Dr. Katharina Lima de Miranda is a postdoctoral researcher at the Kiel Institute, focusing on the application of behavioral economic insights to sustainable social development. She studied Economics in Kiel and Paris and received her PhD in Economics in Dec. 2016 from Kiel University. In her research she investigates the impact of social interaction and behavioral responses of individual agents on the emergence of global economic problems and proposes possible solutions in view of these results. She currently works in an interdisciplinary research project on Sustainable Wellbeing, developing the Recoupling Dashboard that measures the wellbeing of societies beyond GDP and illustrates the correlation of economic prosperity, social prosperity and environmental sustainability. Furthermore, she works on individual and group decision making with applications to the labor market, health economics or gender equality where she applies experimental methods and designs and implements surveys and experiments.

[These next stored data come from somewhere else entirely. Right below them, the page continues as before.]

-- ===== src/Store/Media/Together.antt =====
-- The tokens of one media range are selected together by `pick_topk_blocks` of kvmem_store.cpp.
use kvmem_test.Common.{
  ℕ, zero, suc, ◌+◌, ◌-◌, ◌*◌, ◌/◌, ◌≤◌, ◌<◌, ◌≡◌, sym, ap, ◌∙◌, List, some, get_elem?, leb,
  u32_mod, arith, contains, Bool-cases, inl, inr, ok, All,
}
use kvmem_test.Store.Types.{DoubleOps, KvMemStore, block_count}
use kvmem_test.Store.Table.Layout.{IsLaid, Laid-count, Laid-some}
use kvmem_test.Store.Media.{group_of, media_groups, pick_topk_blocks}
use kvmem_test.Store.Media.Whole.{InOrder, pick_topk_blocks-group}
use kvmem_test.Store.Media.Ranges.{media_groups-Crossed}

module _ {D : Type 0} where
  -- Blocks `i` and `i + d` that a range reaches over are in one group.
  same_group :
      (s : KvMemStore D) (k start end i d : ℕ)
      → IsLaid s
      → InOrder 0 s.media_ranges
      → All (λ r. r.1 + s.block_tokens ≤ u32_mod) s.media_ranges
      → get_elem? s.media_ranges k ≡ some (start, end)
      → i + d < block_count s
      → start < (i + 1) * s.block_tokens
      → (i + d) * s.block_tokens < end
      → group_of (media_groups s) i ≡ group_of (media_groups s) (i + d)
  same_group s k start end i zero v order small e inside lo hi =
      ap (group_of (media_groups s)) (plus_zero i)
    where
      plus_zero : (i : ℕ) → i ≡ i + 0
      plus_zero i = omega arith
  same_group s k start end i (suc d) v order small e inside lo hi =
      let near = boundaries i d start end s.block_tokens lo hi in
      same_group s k start end i d v order small e (omega arith) lo near.0
      ∙ (media_groups-Crossed s (i + d) v order small (omega arith)).1
          (k, start, end, e, near.1, near.2)
      ∙ ap (group_of (media_groups s)) (plus_suc i d)
    where
      plus_suc : (i d : ℕ) → i + d + 1 ≡ i + suc d
      plus_suc i d = omega arith

      boundaries :
          (i d start end bt : ℕ)
          → start < (i + 1) * bt
          → (i + suc d) * bt < end
          → ((i + d) * bt < end) × (start < (i + d + 1) * bt) × ((i + d + 1) * bt < end)
      boundaries i d start end bt lo hi = (omega arith, omega arith, omega arith)

block_ends : (p bt : ℕ) → 0 < bt → p < (p / bt + 1) * bt
block_ends p bt h = grind arith

block_starts : (p bt : ℕ) → 0 < bt → p / bt * bt ≤ p
block_starts p bt h = grind arith

quotient_below : (p n bt : ℕ) → 0 < bt → p < n * bt → p / bt < n
quotient_below p n bt h k = grind arith

apart_by : (i j : ℕ) → i ≤ j → i + (j - i) ≡ j
apart_by i j h = omega arith

module _ {D : Type 0} where
  same_group-tokens :
      (s : KvMemStore D) (k start end p q : ℕ)
      → IsLaid s
      → InOrder 0 s.media_ranges
      → All (λ r. r.1 + s.block_tokens ≤ u32_mod) s.media_ranges
      → get_elem? s.media_ranges k ≡ some (start, end)
      → start ≤ p
      → q < end
      → p / s.block_tokens ≤ q / s.block_tokens
      → q / s.block_tokens < block_count s
      → group_of (media_groups s) (p / s.block_tokens)
        ≡ group_of (media_groups s) (q / s.block_tokens)
  same_group-tokens s k start end p q v order small e from until le inside =
      let bt = s.block_tokens in
      let i = p / bt in
      let j = q / bt in
      let same : i + (j - i) ≡ j = apart_by i j le in
      let ends = block_ends p bt v.positive in
      let starts = block_starts q bt v.positive in
      same_group s k start end i (j - i) v order small e (rw same inside) (omega arith)
        (rw same (omega arith))
      ∙ ap (group_of (media_groups s)) same

  module _ (o : DoubleOps D) where
    -- On a laid table with media ranges in the order of their starts, whose ends rounded up to a
    -- block fit 32 bits, take two tokens of the table in one media range. If `pick_topk_blocks`
    -- returns, the blocks of the two tokens are both selected or both not.
    pub pick_topk_blocks-whole :
        (s : KvMemStore D) (mandatory ids : List ℕ) (k start end p q : ℕ)
        → IsLaid s
        → InOrder 0 s.media_ranges
        → All (λ r. r.1 + s.block_tokens ≤ u32_mod) s.media_ranges
        → get_elem? s.media_ranges k ≡ some (start, end)
        → start ≤ p
        → p < end
        → start ≤ q
        → q < end
        → p < s.total_tokens
        → q < s.total_tokens
        → pick_topk_blocks o s mandatory ≡ ok ids
        → contains (p / s.block_tokens) ids ≡ contains (q / s.block_tokens) ids
    pick_topk_blocks-whole s mandatory ids k start end p q v order small e hp hp' hq hq' tp tq h =
        let bt = s.block_tokens in
        let (lo, hi) =
          Laid-count bt 0 0 s.blocks s.total_tokens v.laid
            (Laid-some bt 0 0 s.blocks s.total_tokens v.laid (omega arith)) in
        let inside = quotient_below p (block_count s) bt v.positive (omega arith) in
        let inside' = quotient_below q (block_count s) bt v.positive (omega arith) in
        let same : group_of (media_groups s) (p / bt) ≡ group_of (media_groups s) (q / bt) =
          elim (Bool-cases (leb (p / bt) (q / bt))) [
            | inl le ↦
                same_group-tokens s k start end p q v order small e hp hq' (ground arith) inside'
            | inr gt ↦
                sym
                  (same_group-tokens s k start end q p v order small e hq hp' (ground arith) inside)
          ] in
        pick_topk_blocks-group o s mandatory ids (p / bt) (q / bt) v.positive order inside inside'
          same h
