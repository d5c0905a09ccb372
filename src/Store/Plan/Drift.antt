-- ===== src/Store/Plan/Drift.antt =====
-- The bounds on the reuse of rotated keys in immutable mode: a block whose keys were rotated too
-- often or too far is made anew from its source keys.
use kvmem_test.Common.{
  ℕ, zero, suc, ◌-◌, ◌≤◌, ◌<◌, ◌≡◌, sym, pos, Bool, true, false, not, ◌&&◌, ◌||◌, List, [], ◌∷◌,
  map, min, ltb, leb, get_elem?, modify, some, abs_diff, arith, Option-cases, Bool-cases, inl, inr,
  All, ok, u32_mod, u64_mod, add32, add64,
}
use kvmem_test.Store.Types.{KvMemBlock, KvMemPlan, KvMemStore, KvMemStoreConfig, block_count}
use kvmem_test.Store.Plan.{
  Window, normalize, plan_remap, move_block, leaves, leave_window, set_selection, start_window,
  over_remap_limit, over_delta_limit,
}
use kvmem_test.Store.Plan.Run.{run_block, run_ids, run_ids-some, run_ids-none, set_selection-run}

All-get {ℓ κ} :
    {A : Type ℓ} (P : A → Type κ) (xs : List A) (i : ℕ) (x : A)
    → get_elem? xs i ≡ some x
    → All P xs
    → P x
All-get P [] i x e v = cc
All-get P (y ∷ xs) zero x e (p, v) = let same : y ≡ x = cc in rw (sym same) p
All-get P (y ∷ xs) (suc i) x e (p, v) = All-get P xs i x e v

All-modify {ℓ κ} :
    {A : Type ℓ} (P : A → Type κ) (xs : List A) (i : ℕ) (f : A → A) (x : A)
    → get_elem? xs i ≡ some x
    → P (f x)
    → All P xs
    → All P (modify xs i f)
All-modify P [] i f x e q v = tt
All-modify P (y ∷ xs) zero f x e q (p, v) = let same : y ≡ x = cc in (rw same q, v)
All-modify P (y ∷ xs) (suc i) f x e q (p, v) = (p, All-modify P xs i f x e q v)

count_within :
    (n limit : ℕ)
    → 0 < limit
    → limit < u32_mod
    → (ltb 0 limit && leb limit n) ≡ false
    → add32 n 1 ≤ limit
count_within n limit lo hi h = ground arith

delta_within :
    (n limit delta : ℕ)
    → 0 < limit
    → limit < u64_mod
    → (ltb 0 limit && (leb limit n || leb (limit - min n limit) delta)) ≡ false
    → add64 n delta < limit
delta_within n limit delta lo hi h = ground arith

module _ {D : Type 0} where
  -- The keys of a block have been rotated at most as often as configured, and less far.
  abbrev pub HasDriftBound : KvMemStoreConfig D → KvMemBlock D → Type 0
  HasDriftBound c b =
      (b.remap_count ≤ c.immutable_refresh_remaps)
      × (b.remap_abs_delta < c.immutable_refresh_abs_delta_tokens)

  module _ (c : KvMemStoreConfig D) (force : Bool) where
    -- A remap that rotates keys again is within both limits.
    rotate_limits :
        (id p : ℕ) (b : KvMemBlock D)
        → c.immutable_source_k ≡ true
        → (plan_remap c force id p b).skip ≡ false
        → (plan_remap c force id p b).raw_refresh ≡ false
        → (over_remap_limit c b ≡ false)
          × (over_delta_limit c b (abs_diff b.baked_pos (pos p)) ≡ false)
    unfolding plan_remap
    rotate_limits id p b imm skip raw = ground arith

    move_block-HasDriftBound :
        (id p : ℕ) (b : KvMemBlock D)
        → c.immutable_source_k ≡ true
        → 0 < c.immutable_refresh_remaps
        → c.immutable_refresh_remaps < u32_mod
        → 0 < c.immutable_refresh_abs_delta_tokens
        → c.immutable_refresh_abs_delta_tokens < u64_mod
        → HasDriftBound c b
        → HasDriftBound c (move_block (plan_remap c force id p b) p b)
    unfolding move_block over_remap_limit over_delta_limit
    move_block-HasDriftBound id p b imm lo hi lo' hi' (count, delta) =
        elim (Bool-cases ((plan_remap c force id p b).skip)) [
          | inl e ↦ rw e (count, delta)
          | inr e ↦ elim (Bool-cases ((plan_remap c force id p b).raw_refresh)) [
            | inl k ↦ rw (e, k) (omega arith, omega arith)
            | inr k ↦
                let (n, d) = rotate_limits id p b imm e k in
                rw (e, k)
                  (
                    count_within b.remap_count c.immutable_refresh_remaps lo hi n,
                    delta_within b.remap_abs_delta c.immutable_refresh_abs_delta_tokens _ lo' hi' d,
                  )
          ]
        ]

    run_ids-HasDriftBound :
        (was : List Bool) (ids : List ℕ) (w : Window D)
        → c.immutable_source_k ≡ true
        → 0 < c.immutable_refresh_remaps
        → c.immutable_refresh_remaps < u32_mod
        → 0 < c.immutable_refresh_abs_delta_tokens
        → c.immutable_refresh_abs_delta_tokens < u64_mod
        → All (HasDriftBound c) w.table
        → All (HasDriftBound c) (run_ids c force was ids w).table
    unfolding run_ids
    run_ids-HasDriftBound was [] w imm lo hi lo' hi' v = v
    run_ids-HasDriftBound was (id ∷ ids) w imm lo hi lo' hi' v =
        elim (Option-cases (get_elem? w.table id)) [
          | inl e ↦
              rw (run_ids-none c force was id ids w e)
                (run_ids-HasDriftBound was ids w imm lo hi lo' hi' v)
          | inr (b, e) ↦
              let at = All-get (HasDriftBound c) w.table id b e v in
              let moved = move_block-HasDriftBound id w.window_pos b imm lo hi lo' hi' at in
              rw (run_ids-some c force was id ids b w e) (
                run_ids-HasDriftBound was ids (run_block c force was id b w) imm lo hi lo' hi'
                  (All-modify (HasDriftBound c) w.table id _ b e moved v))
        ]

  map_leave-HasDriftBound :
      (c : KvMemStoreConfig D) (full : Bool) (ids : List ℕ) (bs : List (KvMemBlock D))
      → All (HasDriftBound c) bs
      → All (HasDriftBound c) (map (leave_window full ids) bs)
  unfolding leave_window
  map_leave-HasDriftBound c full ids [] v = tt
  map_leave-HasDriftBound c full ids (b ∷ bs) (h, v) =
      let rest = map_leave-HasDriftBound c full ids bs v in
      elim (Bool-cases (leaves full ids b)) [ inl e ↦ rw e (h, rest) | inr e ↦ rw e (h, rest) ]

  -- With immutable source keys and both refresh limits set (and within their widths),
  -- `set_selection` returns, and keeps every block within the limits: at most
  -- `immutable_refresh_remaps` rotations since its keys were last made from the source, over a
  -- distance below `immutable_refresh_abs_delta_tokens`.
  pub set_selection-HasDriftBound :
      (s : KvMemStore D) (selected : List ℕ) (force : Bool)
      → s.immutable_source_k ≡ true
      → 0 < s.immutable_refresh_remaps
      → s.immutable_refresh_remaps < u32_mod
      → 0 < s.immutable_refresh_abs_delta_tokens
      → s.immutable_refresh_abs_delta_tokens < u64_mod
      → All (HasDriftBound s.cfg) s.blocks
      → (s' : KvMemStore D) × (plan : KvMemPlan) × (set_selection s selected force ≡ ok (s', plan))
        × All (HasDriftBound s'.cfg) s'.blocks
  unfolding start_window
  set_selection-HasDriftBound s selected force imm lo hi lo' hi' v =
      let ids = normalize (block_count s) selected in
      (
        _,
        _,
        set_selection-run s selected force,
        run_ids-HasDriftBound s.cfg force _ ids (start_window s ids) imm lo hi lo' hi'
            (map_leave-HasDriftBound s.cfg (not s.optimize_stage_in) ids s.blocks v),
      )
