-- ===== src/Store/Table/Append.antt =====
-- `register_append` of kvmem_store.cpp: it returns, keeps the layout and adds exactly the new
-- tokens.
use kvmem_test.Common.{
  ℕ, zero, suc, ◌+◌, ◌-◌, ◌*◌, ◌≤◌, ◌<◌, ◌≡◌, refl, List, [], ◌∷◌, length, min, arith, u32_mod,
  add32, ◌∙◌, some, length-append, Bool-cases, inl, inr, ap, ◌==◌,
}
use kvmem_test.Store.Types.{DoubleOps, KvMemBlock, KvMemStore, block_count}
use kvmem_test.Store.Table.{extend_last, append_blocks, register_append, fresh_block, push_block}
use kvmem_test.Store.Table.Layout.{Laid, IsLaid, Laid-snoc}

module _ {D : Type 0} where
  -- What `extend_last` leaves: a laid table that is full if tokens remain.
  abbrev Extended : ℕ → ℕ → ℕ → ℕ → List (KvMemBlock D) → ℕ → List (KvMemBlock D) × ℕ → Type 0
  Extended bt id start r bs total (bs', rest) =
      (rest ≤ r)
      × Laid bt id start bs' (total + (r - rest))
      × (length bs' ≡ length bs)
      × (0 < rest → total + (r - rest) ≡ (id + length bs) * bt)

  extend_last-Laid :
      (bt id start r : ℕ) (bs : List (KvMemBlock D)) (total : ℕ)
      → start ≡ id * bt
      → Laid bt id start bs total
      → Extended bt id start r bs total (extend_last bt r bs)
  unfolding extend_last
  extend_last-Laid bt id start r [] total st h = (omega arith, omega arith, refl, λ _. omega arith)
  extend_last-Laid bt id start r (b ∷ []) total st h = ground arith
  extend_last-Laid bt id start r (b ∷ c ∷ bs) total st h =
      let (le, laid, len, full) =
        extend_last-Laid bt (id + 1) (start + b.n_tokens) r (c ∷ bs) total h.5.2 h.5 in
      (le, (h.0, h.1, h.2, h.3, h.4, laid), ap suc len, λ p. omega (arith, full p))

  push_block-IsLaid :
      (o : DoubleOps D) (s : KvMemStore D) (n : ℕ)
      → IsLaid s
      → 0 < n
      → n ≤ s.block_tokens
      → s.total_tokens + n < u32_mod
      → s.total_tokens ≡ block_count s * s.block_tokens
      → IsLaid (push_block o s n)
        × ((push_block o s n).total_tokens ≡ s.total_tokens + n)
        × ((push_block o s n).cfg ≡ s.cfg)
        × (block_count (push_block o s n) ≡ block_count s + 1)
  unfolding push_block
  push_block-IsLaid o s n v lo hi t full =
      let e : add32 s.total_tokens n ≡ s.total_tokens + n = omega arith in
      let block = fresh_block o (block_count s) s.total_tokens n in
      (
        record {
          positive = v.positive;
          bounded = rw e t;
          laid = rw e (
              Laid-snoc s.block_tokens 0 0 s.blocks s.total_tokens block v.laid (omega arith)
                (omega arith) (omega arith) refl lo hi);
        },
        e,
        refl,
        omega (arith, length-append s.blocks (block ∷ [])),
      )

  -- Each round appends one block, and the fuel outlasts the tokens.
  append_blocks-IsLaid :
      (o : DoubleOps D) (fuel : ℕ) (s : KvMemStore D) (remaining : ℕ)
      → remaining < fuel
      → IsLaid s
      → s.total_tokens + remaining < u32_mod
      → (0 < remaining → s.total_tokens ≡ block_count s * s.block_tokens)
      → (s' : KvMemStore D) × (append_blocks o fuel s remaining ≡ some s')
        × IsLaid s'
        × (s'.total_tokens ≡ s.total_tokens + remaining)
        × (s'.cfg ≡ s.cfg)
  unfolding append_blocks
  append_blocks-IsLaid o zero s remaining f v t full = absurd (omega arith)
  append_blocks-IsLaid o (suc fuel) s remaining f v t full = elim (Bool-cases (remaining == 0)) [
    | inl done ↦ (s, rw done, v, ground arith, refl)
    | inr more ↦
        let n = min s.block_tokens remaining in
        let lo : 0 < remaining = ground arith in
        let bt = v.positive in
        let (v', t', c', k') =
          push_block-IsLaid o s n v (omega arith) (omega arith) (omega arith) (full lo) in
        let (s', e, w, total, c) =
          append_blocks-IsLaid o fuel (push_block o s n) (remaining - n) (omega arith) v'
            (omega arith) (λ p. rw k' (omega (arith, full lo))) in
        (s', rw more e, w, omega arith, c ∙ c')
  ]

  -- On a laid table with room in the 32-bit token count, `register_append` returns, adds exactly
  -- the new tokens, keeps the configuration and leaves a laid table.
  pub register_append-IsLaid :
      (o : DoubleOps D) (s : KvMemStore D) (n : ℕ)
      → IsLaid s
      → s.total_tokens + n < u32_mod
      → (s' : KvMemStore D) × (register_append o s n ≡ some s')
        × IsLaid s'
        × (s'.total_tokens ≡ s.total_tokens + n)
        × (s'.cfg ≡ s.cfg)
  unfolding register_append
  register_append-IsLaid o s n v t = elim (Bool-cases (n == 0)) [
    | inl none_new ↦ (s, rw none_new, v, ground arith, refl)
    | inr new ↦
        let (le, laid, len, full) =
          extend_last-Laid s.block_tokens 0 0 n s.blocks s.total_tokens (omega arith) v.laid in
        let remaining = (extend_last s.block_tokens n s.blocks).1 in
        let e : add32 s.total_tokens (n - remaining) ≡ s.total_tokens + (n - remaining) =
          omega arith in
        let s₁ : KvMemStore D = record s {
          blocks = (extend_last s.block_tokens n s.blocks).0;
          total_tokens = add32 s.total_tokens (n - remaining);
        } in
        let v₁ : IsLaid s₁ = record {
          positive = v.positive;
          bounded = rw e (omega arith);
          laid = rw e laid;
        } in
        let (s', r, w, total, c) =
          append_blocks-IsLaid o (remaining + 1) s₁ remaining (omega arith) v₁ (omega arith)
            (λ p. rw len (omega (arith, full p))) in
        (s', rw new r, w, omega arith, c)
  ]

Her research has a strong policy orientation and she is involved in producing and communicating research based policy advice with the aim to help solving global problems, including the drifting apart of social and economic prosperity. She is a member of the Council for Global Problem-Solving, the T20 Task Force 2020 on “Social Cohesion and the State”, and the Global Solutions Initiative. She has co-authored several policy briefs and participated in international multi-stakeholder conferences, like the Think 20 Summits in Buenos Aires (2018) and Japan (2019). Previously she was a Carlo-Schmid-Fellow and consultant at UNCTAD in Geneva, a visiting professor at Hamburg University and currently she teaches Public Finance in a GIZ funded project at the University of Rwanda.